The numbers of people suffering from stroke and dementia continue to rise as the population of the UK ages, but at present our ability to repair a damaged brain is limited. Now a new centre at the Guy's Campus of King's College London in Borough High Street brings leading clinical researchers and basic scientists under one roof, with the aim of developing treatments for age-related diseases.

The Wolfson Centre for Age-Related Diseases, opened by the Princess Royal this week, houses world experts in brain development, stem cells, neurodegenerative diseases, and brain repair. Working together and sharing their expertise will help the researchers to answer more complex questions about dementia, Parkinson's and stroke, and enable research findings to be more rapidly translated into therapies.

Professor Patrick Doherty, Head and co-Director of the Wolfson Centre is excited about what the new centre could achieve. "We have assembled a team of outstanding scientists who on their own might have had some impact on this problem; but by working together we aim to make a substantial difference," he said.

Professor Clive Ballard, co-Director of the Centre explained why this centre is so important: "Neurodegenerative diseases are a major problem in this aging society.

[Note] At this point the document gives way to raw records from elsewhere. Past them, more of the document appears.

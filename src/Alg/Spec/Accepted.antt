-- ===== src/Alg/Spec/Accepted.antt =====
-- A specifier that is accepted describes a key.
use tpm2_tools.Alg.Ids.{
  alg_hmac, alg_aes, alg_keyedhash, alg_xor, alg_null, alg_kdf1_sp800_108, alg_camellia,
}
use tpm2_tools.Alg.Hashes.{one_of}
use tpm2_tools.Alg.Public.{Public, AlgParserRc, error, continue, done}
use tpm2_tools.Alg.Scheme.{handle_scheme_sign}
use tpm2_tools.Alg.Spec.Keys.{
  has_hash, is_mode, strtoalg-has_hash, is_unfinished, is_key, Yields, Any, Never, Key, is_object,
  Object,
}
use tpm2_tools.Alg.Spec.Objects.{handle_sym_common-Yields, Yields-if, handle_object-Yields}
use tpm2_tools.Alg.Spec.{
  handle_sym_common, handle_scheme_keyedhash, handle_scheme, handle_asym_detail, is_set, is_done,
  is_asym, shuffled, after_scheme, after_object, handle_tokens, handle_ext_alg, text_or,
  default_detail,
}
use tpm2_tools.Alg.Table.{algs, flags_hash}
use tpm2_tools.Alg.{strtoalg, for_each_alg, find_match}
use tpm2_tools.Base.Bytes.{Bytes}
use tpm2_tools.Base.Text.{codes, is_prefix, str_eq, tokens}
use tpm2_tools.Base.{
  ℕ, Bool, true, false, not, ◌&&◌, ◌||◌, List, [], ◌∷◌, Option, none, some, ◌==◌, drop, leb, length,
  if◌then◌else◌, ◌≡◌, refl, inl, inr, arith, Bool-cases,
}
use tpm2_tools.Errata.{ErrataInfo}
use tpm2_tools.Alg.Spec.Schemes.{Schemed, area, handle_scheme_sign-Yields}

handle_scheme_keyedhash-Yields :
    (scheme : Option Bytes) (p : Public)
    → is_unfinished p ≡ true
    → Yields Object Schemed Key (handle_scheme_keyedhash scheme p)
unfolding handle_scheme_keyedhash is_key
handle_scheme_keyedhash-Yields scheme p o = by_alg (alg == 0) refl
  where
    alg : ℕ
    alg = strtoalg (text_or (codes "sha256") scheme) flags_hash

    with_hash :
        (h : ℕ)
        → has_hash h ≡ true
        → Yields Object Schemed Key (
            if p.sym_algorithm == alg_hmac
            then (done, record p { sym_key_bits = h })
            else if p.sym_algorithm == alg_xor
            then (done, record p { sym_mode = alg_kdf1_sp800_108; sym_key_bits = h })
            else (error, p))
    with_hash h k = ground arith

    by_alg :
        (b : Bool)
        → (alg == 0) ≡ b
        → Yields Object Schemed Key (
            if b
            then (error, p)
            else if p.sym_algorithm == alg_hmac
            then (done, record p { sym_key_bits = alg })
            else if p.sym_algorithm == alg_xor
            then (done, record p { sym_mode = alg_kdf1_sp800_108; sym_key_bits = alg })
            else (error, p))
    by_alg true e = ground arith
    by_alg false e =
        with_hash alg (strtoalg-has_hash (text_or (codes "sha256") scheme) (λ z. ground arith))

-- The default hash of a keyed hash is in the table.
default_hash : strtoalg (codes "sha256") flags_hash ≡ 11
unfolding strtoalg for_each_alg find_match algs
default_hash = refl

handle_scheme-Yields :
    (scheme : Option Bytes) (p : Public)
    → is_object p ≡ true
    → Yields Object Schemed Key (area (handle_scheme scheme p))
unfolding handle_scheme
handle_scheme-Yields scheme p o = elim (Bool-cases (is_asym p)) [
  | inl e ↦ rw e (weaken _ (handle_scheme_sign-Yields scheme p (ground arith)))
  | inr e ↦
      let k : (p.type == alg_keyedhash) ≡ true = ground arith in
      rw (e, k) (handle_scheme_keyedhash-Yields scheme p (ground arith))
]
  where
    weaken :
        (m : AlgParserRc × Public) → Yields Object Schemed Never m → Yields Object Schemed Key m
    weaken (error, q) h = h
    weaken (continue, q) h = h
    weaken (done, q) h = absurd h

handle_asym_detail-Yields :
    (detail : Option Bytes) (p : Public)
    → Schemed p
    → Yields Any Never Key (handle_asym_detail detail p)
unfolding handle_asym_detail
handle_asym_detail-Yields detail p o = skip (not (is_asym p)) _ (
    Yields-if Any Never Key (is_prefix (codes "aes") text) (handle_sym_common (drop 3 text) aes) _
      (handle_sym_common-Yields Key (drop 3 text) aes (λ b m h k. keyed alg_aes b m refl h k))
      (Yields-if Any Never Key (is_prefix (codes "camellia") text)
        (handle_sym_common (drop 8 text) camellia) _
        (handle_sym_common-Yields Key (drop 8 text) camellia
          (λ b m h k. keyed alg_camellia b m refl h k))
        (Yields-if Any Never Key (str_eq text (codes "null"))
          (done, record p { sym_algorithm = alg_null }) (error, p) (unfold is_key in ground arith)
          tt)))
  where
    text : Bytes
    text = text_or (default_detail p) detail

    aes : Public
    aes = record p { sym_algorithm = alg_aes }

    camellia : Public
    camellia = record p { sym_algorithm = alg_camellia }

    skip :
        (b : Bool) (m : AlgParserRc × Public)
        → Yields Any Never Key m
        → Yields Any Never Key (if b then (error, p) else m)
    skip true m h = tt
    skip false m h = h

    keyed :
        (alg bits mode : ℕ)
        → (alg == alg_aes || alg == alg_camellia) ≡ true
        → one_of (128 ∷ 192 ∷ 256 ∷ []) bits ≡ true
        → is_mode mode ≡ true
        → Key (record p { sym_algorithm = alg; sym_key_bits = bits; sym_mode = mode })
    keyed alg bits mode a b m = unfold is_key in ground arith

-- Without a scheme there is no error.
handle_scheme-none : (p : Public) → is_object p ≡ true → ¬ ((handle_scheme none p).0 ≡ error)
unfolding handle_scheme handle_scheme_sign handle_scheme_keyedhash
handle_scheme-none p o h = elim (Bool-cases (is_asym p)) [
  | inl e ↦ cc (rw e at h)
  | inr e ↦
      let k : (p.type == alg_keyedhash) ≡ true = ground arith in
      let h' = rw (e, k, default_hash) at h in
      elim (Bool-cases (p.sym_algorithm == alg_hmac)) [
        | inl a ↦ cc (rw a at h')
        | inr a ↦ let x : (p.sym_algorithm == alg_xor) ≡ true = ground arith in cc (rw (a, x) at h')
      ]
]

abbrev IsAccepted : Bool × Public → Type 0
IsAccepted r = r.0 ≡ true → is_key r.1 ≡ true

is_done-IsAccepted : (m : AlgParserRc × Public) → Yields Any Never Key m → IsAccepted (is_done m)
is_done-IsAccepted (error, p) h e = absurd (cc e)
is_done-IsAccepted (continue, p) h e = absurd h
is_done-IsAccepted (done, p) h e = h

shuffled-IsAccepted :
    (m : AlgParserRc × (Public × Option Bytes)) (detail : Option Bytes)
    → Yields Object Schemed Key (area m)
    → ¬ (m.0 ≡ error)
    → IsAccepted (shuffled m detail)
unfolding shuffled
shuffled-IsAccepted (error, (p, s)) detail h n = absurd (n refl)
shuffled-IsAccepted (continue, (p, s)) detail h n =
    is_done-IsAccepted _ (handle_asym_detail-Yields detail p h)
shuffled-IsAccepted (done, (p, s)) detail h n = λ e. h

after_scheme-IsAccepted :
    (m : AlgParserRc × (Public × Option Bytes)) (detail : Option Bytes)
    → Yields Object Schemed Key (area m)
    → IsAccepted (after_scheme m detail)
unfolding after_scheme
after_scheme-IsAccepted (error, (p, s)) detail h = pick (is_set detail && is_set s)
  where
    pick : (b : Bool) → IsAccepted (if b then (false, p) else shuffled (handle_scheme none p) s)
    pick true e = absurd (cc e)
    pick false e =
        shuffled-IsAccepted _ s (handle_scheme-Yields none p h) (handle_scheme-none p h) e
after_scheme-IsAccepted (continue, (p, s)) detail h =
    is_done-IsAccepted _ (handle_asym_detail-Yields detail p h)
after_scheme-IsAccepted (done, (p, s)) detail h = λ e. h

after_object-IsAccepted :
    (m : AlgParserRc × Public) (scheme detail : Option Bytes)
    → Yields Any Object Key m
    → IsAccepted (after_object m scheme detail)
unfolding after_object
after_object-IsAccepted (error, p) scheme detail h = λ e. absurd (cc e)
after_object-IsAccepted (continue, p) scheme detail h =
    after_scheme-IsAccepted _ detail (handle_scheme-Yields scheme p h)
after_object-IsAccepted (done, p) scheme detail h = λ e. h

handle_tokens-IsAccepted :
    (this : Option ErrataInfo) (ts : List Bytes) (p : Public) → IsAccepted (handle_tokens this ts p)
unfolding handle_tokens
handle_tokens-IsAccepted this [] p = λ e. absurd (cc e)
handle_tokens-IsAccepted this (o ∷ []) p =
    after_object-IsAccepted _ none none (handle_object-Yields this o p)
handle_tokens-IsAccepted this (o ∷ s ∷ []) p =
    after_object-IsAccepted _ (some s) none (handle_object-Yields this o p)
handle_tokens-IsAccepted this (o ∷ s ∷ d ∷ []) p =
    after_object-IsAccepted _ (some s) (some d) (handle_object-Yields this o p)
handle_tokens-IsAccepted this (o ∷ s ∷ d ∷ e ∷ rest) p = λ h. absurd (cc h)

-- Whatever the text and whatever the public area held before, an accepted specifier leaves one of
-- these: an RSA key of 1024, 2048, 3072 or 4096 bits with no scheme or RSAES, RSAPSS or RSASSA; an ECC
-- key on one of five curves with no scheme or ECDSA, ECDH, ECSCHNORR or ECDAA, or by mistake OAEP, a
-- scheme of RSA keys; each with null, AES or Camellia as its symmetric details; AES or Camellia with
-- 128, 192 or 256 bits; or a keyed hash with HMAC, XOR with its kdf, or no scheme. The mode of a cipher
-- is CTR, OFB, CBC, CFB, ECB or null. The hash that a scheme other than RSAES takes is one of SHA-1,
-- SHA-2, SM3 and SHA-3, or by mistake HMAC or XOR, which the table has under the same flag.
pub handle_ext_alg-is_key :
    (this : Option ErrataInfo) (alg_spec : Bytes) (p : Public)
    → (handle_ext_alg this alg_spec p).0 ≡ true
    → is_key (handle_ext_alg this alg_spec p).1 ≡ true
unfolding handle_ext_alg
handle_ext_alg-is_key this alg_spec p = pick (leb 256 (length alg_spec))
  where
    pick :
        (b : Bool)
        → IsAccepted (if b then (false, p) else handle_tokens this (tokens b':' alg_spec) p)
    pick true e = absurd (cc e)
    pick false e = handle_tokens-IsAccepted this (tokens b':' alg_spec) p e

In the UK alone, over 700,000 people are suffering from dementia. Many of the current treatments only control the symptoms of these diseases, but by understanding more about the brain we might be able to develop therapies that prevent further degeneration, or even begin to repair the damage."

The Wolfson Centre for Age-Related Diseases places King's College London at the forefront of research into age-related diseases. Funded by a 6 million donation from the Wolfson Foundation, the state-of- the-art building provides laboratory and office space for 25 research groups around an atrium entrance hall.